6. Hardcoding Environment-Specific Context

Explanation: Policies containing absolute paths, secrets, or environment-specific values break across dev/staging/production. Fix: Use environment variable interpolation (${DB_HOST}) or external secret managers. Validate policies against a dry-run environment before promotion.

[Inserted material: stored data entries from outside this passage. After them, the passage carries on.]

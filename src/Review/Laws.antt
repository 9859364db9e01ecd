-- ===== src/Review/Laws.antt =====
-- The life of a case: which statuses follow which, and that a case is decided once.
use nevr_anticheat.Prelude.{
  ℕ, ◌≡◌, ◌⊎◌, refl, String, Bool, true, false, some, inl, inr, arith, Bool-cases, Option-cases,
  if◌then◌else◌,
}
use mathlib.Core.Bool.{false≢true}
use nevr_anticheat.Prelude.Dict.{text_eq, lookup, lookup-insert}
use nevr_anticheat.Review.Status.{
  CaseStatus, pending, assigned, in_review, decided, appealed, closed, other_status,
  valid_transition,
}
use nevr_anticheat.Review.Queue.{
  ReviewCase, Tables, ReviewError, Reply, reply, refuse, moved, update_row, move_loaded, transition,
  is_known,
}

-- The statuses that can follow a status.
data Reaches (from : CaseStatus) : CaseStatus → Type 0 where
  here : Reaches from from
  next : {mid to : CaseStatus} → Reaches from mid → valid_transition mid to ≡ true → Reaches from to

abbrev after_decision : CaseStatus → Bool
after_decision decided = true
after_decision appealed = true
after_decision closed = true
after_decision _ = false

after_step :
    (a b : CaseStatus)
    → after_decision a ≡ true
    → valid_transition a b ≡ true
    → after_decision b ≡ true
unfolding valid_transition
after_step a b h t = ground arith

after :
    {from to : CaseStatus} → after_decision from ≡ true → Reaches from to → after_decision to ≡ true
after h here = h
after h (next r t) = after_step _ _ (after h r) t

named_after :
    (to : CaseStatus) → after_decision to ≡ true → (to ≡ decided) ⊎ (to ≡ appealed) ⊎ (to ≡ closed)
named_after decided h = inl refl
named_after appealed h = inr (inl refl)
named_after closed h = inr (inr refl)
named_after pending h = absurd (false≢true h)
named_after assigned h = absurd (false≢true h)
named_after in_review h = absurd (false≢true h)
named_after (other_status s) h = absurd (false≢true h)

-- A case that is decided is never in the open queue again: over any number of valid transitions its
-- status is decided, appealed or closed.
decided-Reaches :
    {to : CaseStatus} → Reaches decided to → (to ≡ decided) ⊎ (to ≡ appealed) ⊎ (to ≡ closed)
decided-Reaches {to} r = named_after to (after refl r)

-- What a change of status can do to the tables and answer.
pub data MoveResult (db : Tables) (id : String) (to : CaseStatus) : Tables × Reply → Type 0 where
  unchanged : (e : ReviewError) → MoveResult db id to (db, refuse e)
  along_edge :
      (rc rc' new : ReviewCase) (db' : Tables)
      → lookup id db.cases ≡ some rc
      → valid_transition rc.status to ≡ true
      → rc'.status ≡ to
      → new.status ≡ to
      → db'.decisions ≡ db.decisions
      → ((j : String) → lookup j db'.cases ≡ (if text_eq id j then some new else lookup j db.cases))
      → MoveResult db id to (db', reply rc')

move_loaded-MoveResult :
    (written : Bool) (now : ℕ) (db : Tables) (id : String) (to : CaseStatus) (who : String)
    (rc : ReviewCase)
    → lookup id db.cases ≡ some rc
    → MoveResult db id to (move_loaded written now db id to who rc)
unfolding move_loaded update_row moved
move_loaded-MoveResult written now db id to who rc h =
    elim (Bool-cases (valid_transition rc.status to)) [
      | inr e ↦ rw e (unchanged _)
      | inl v ↦ elim (Bool-cases (is_known to)) [
        | inr e ↦ rw (v, e) (unchanged _)
        | inl k ↦ elim (Bool-cases written) [
          | inr e ↦ rw (v, k, e) (unchanged _)
          | inl w ↦
              rw (v, k, w)
                (along_edge rc _ _ _ h v refl refl refl (λ j. lookup-insert id j _ db.cases))
        ]
      ]
    ]

-- A change of status either refuses, and then no row has been written, or the case was there, the
-- edge from its status is a valid one, its row and the answer have the new status, no other row has
-- changed and no decision has been added.
pub transition-MoveResult :
    (written : Bool) (now : ℕ) (db : Tables) (id : String) (to : CaseStatus) (who : String)
    → MoveResult db id to (transition written now db id to who)
unfolding transition
transition-MoveResult written now db id to who = elim (Option-cases (lookup id db.cases)) [
  | inl e ↦ rw e (unchanged _)
  | inr (rc, e) ↦ rw e (move_loaded-MoveResult written now db id to who rc e)
]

7. Assuming stdio Covers All MCP Transports

Explanation: HTTP/SSE transports require different proxying logic and connection pooling. stdio-only adapters fail in cloud deployments. Fix: Validate transport compatibility before deployment. Implement transport-aware routing in the proxy layer. Test with both stdio and HTTP/SSE endpoints during CI.

Production Bundle

Action Checklist

  • Define policy schema version and validate with CI linting before every commit
  • Scope glob patterns to explicit namespaces; reject catch-all wildcards in code review
  • Implement approval timeout thresholds and fallback actions to prevent run deadlocks
  • Configure JSONL audit rotation with daily archival and 90-day retention
  • Inject policy interceptors at framework initialization; verify no direct tool bypass paths
  • Externalize environment-specific values using variable interpolation or secret managers
  • Test adapters against both stdio and HTTP/SSE transports before production rollout
  • Integrate audit logs with SIEM or log aggregation platform for compliance reporting

Decision Matrix

Scenario Recommended Approach Why Cost Impact
Local Development & CI Local JSONL + filesystem approvals Zero latency, no external dependencies, fast iteration Minimal infrastructure cost
Multi-Team Enterprise Centralized policy repo + cloud audit sync Consistent enforcement, shared visibility, audit compliance Moderate cloud storage & sync costs
High-Throughput Production Async approval queue + webhook routing Prevents run blocking, scales with agent volume Requires message queue & notification service
Compliance-Heavy (SOC2/ISO) Immutable audit retention + SIEM integration Meets audit trail requirements, enables automated reporting Higher storage & log processing costs

Configuration Template

# policy.yaml
version: 1
enforcement:
  default_action: audit
  timeout_ms: 5000
  fallback_on_timeout: block
rules:
  - pattern: "database.drop_*"
    action: block
    reason: "Irreversible schema modifications prohibited"
  - pattern: "shell.*"
    action: block
    reason: "Arbitrary command execution restricted"
  - pattern: "payments.*"
    action: require_approval
    reason: "Financial operations require human verification"
  - pattern: "files.read_*"
    action: allow
    reason: "Read-only access permitted"
  - pattern: "files.write_*"
    action: require_approval
    reason: "Write operations need oversight"
audit:
  output_dir: "./.agent-safety/audit"
  rotation: daily
  retention_days: 90
  compression: gzip
  siem_endpoint: "${SIEM_INGEST_URL}"
approval:
  timeout_hours: 24
  notification_webhook: "${APPROVAL_WEBHOOK_URL}"
  fallback_action: block

Quick Start Guide

  1. Initialize the policy directory: Create .agent-safety/ with audit/, pending/, and config/ subdirectories. Place policy.yaml in config/.
  2. Install framework adapters: Add the hook, guardrail, or proxy adapter to your agent runtime. Point each adapter to ./config/policy.yaml via environment variable or constructor parameter.
  3. Validate locally: Run a dry-test agent loop. Verify that blocked tools throw structured errors, pending approvals generate JSON state files, and audit entries appear in audit/ as JSONL.
  4. Configure rotation & notifications: Set up log rotation via cron or systemd timer. Configure the approval webhook to route pending files to your team's messaging platform or ticketing system.
  5. Promote to CI/CD: Add policy validation to your pipeline. Reject commits that introduce unsupported schema versions, catch-all patterns, or missing reason fields. Deploy adapters alongside agent services with version-pinned configurations.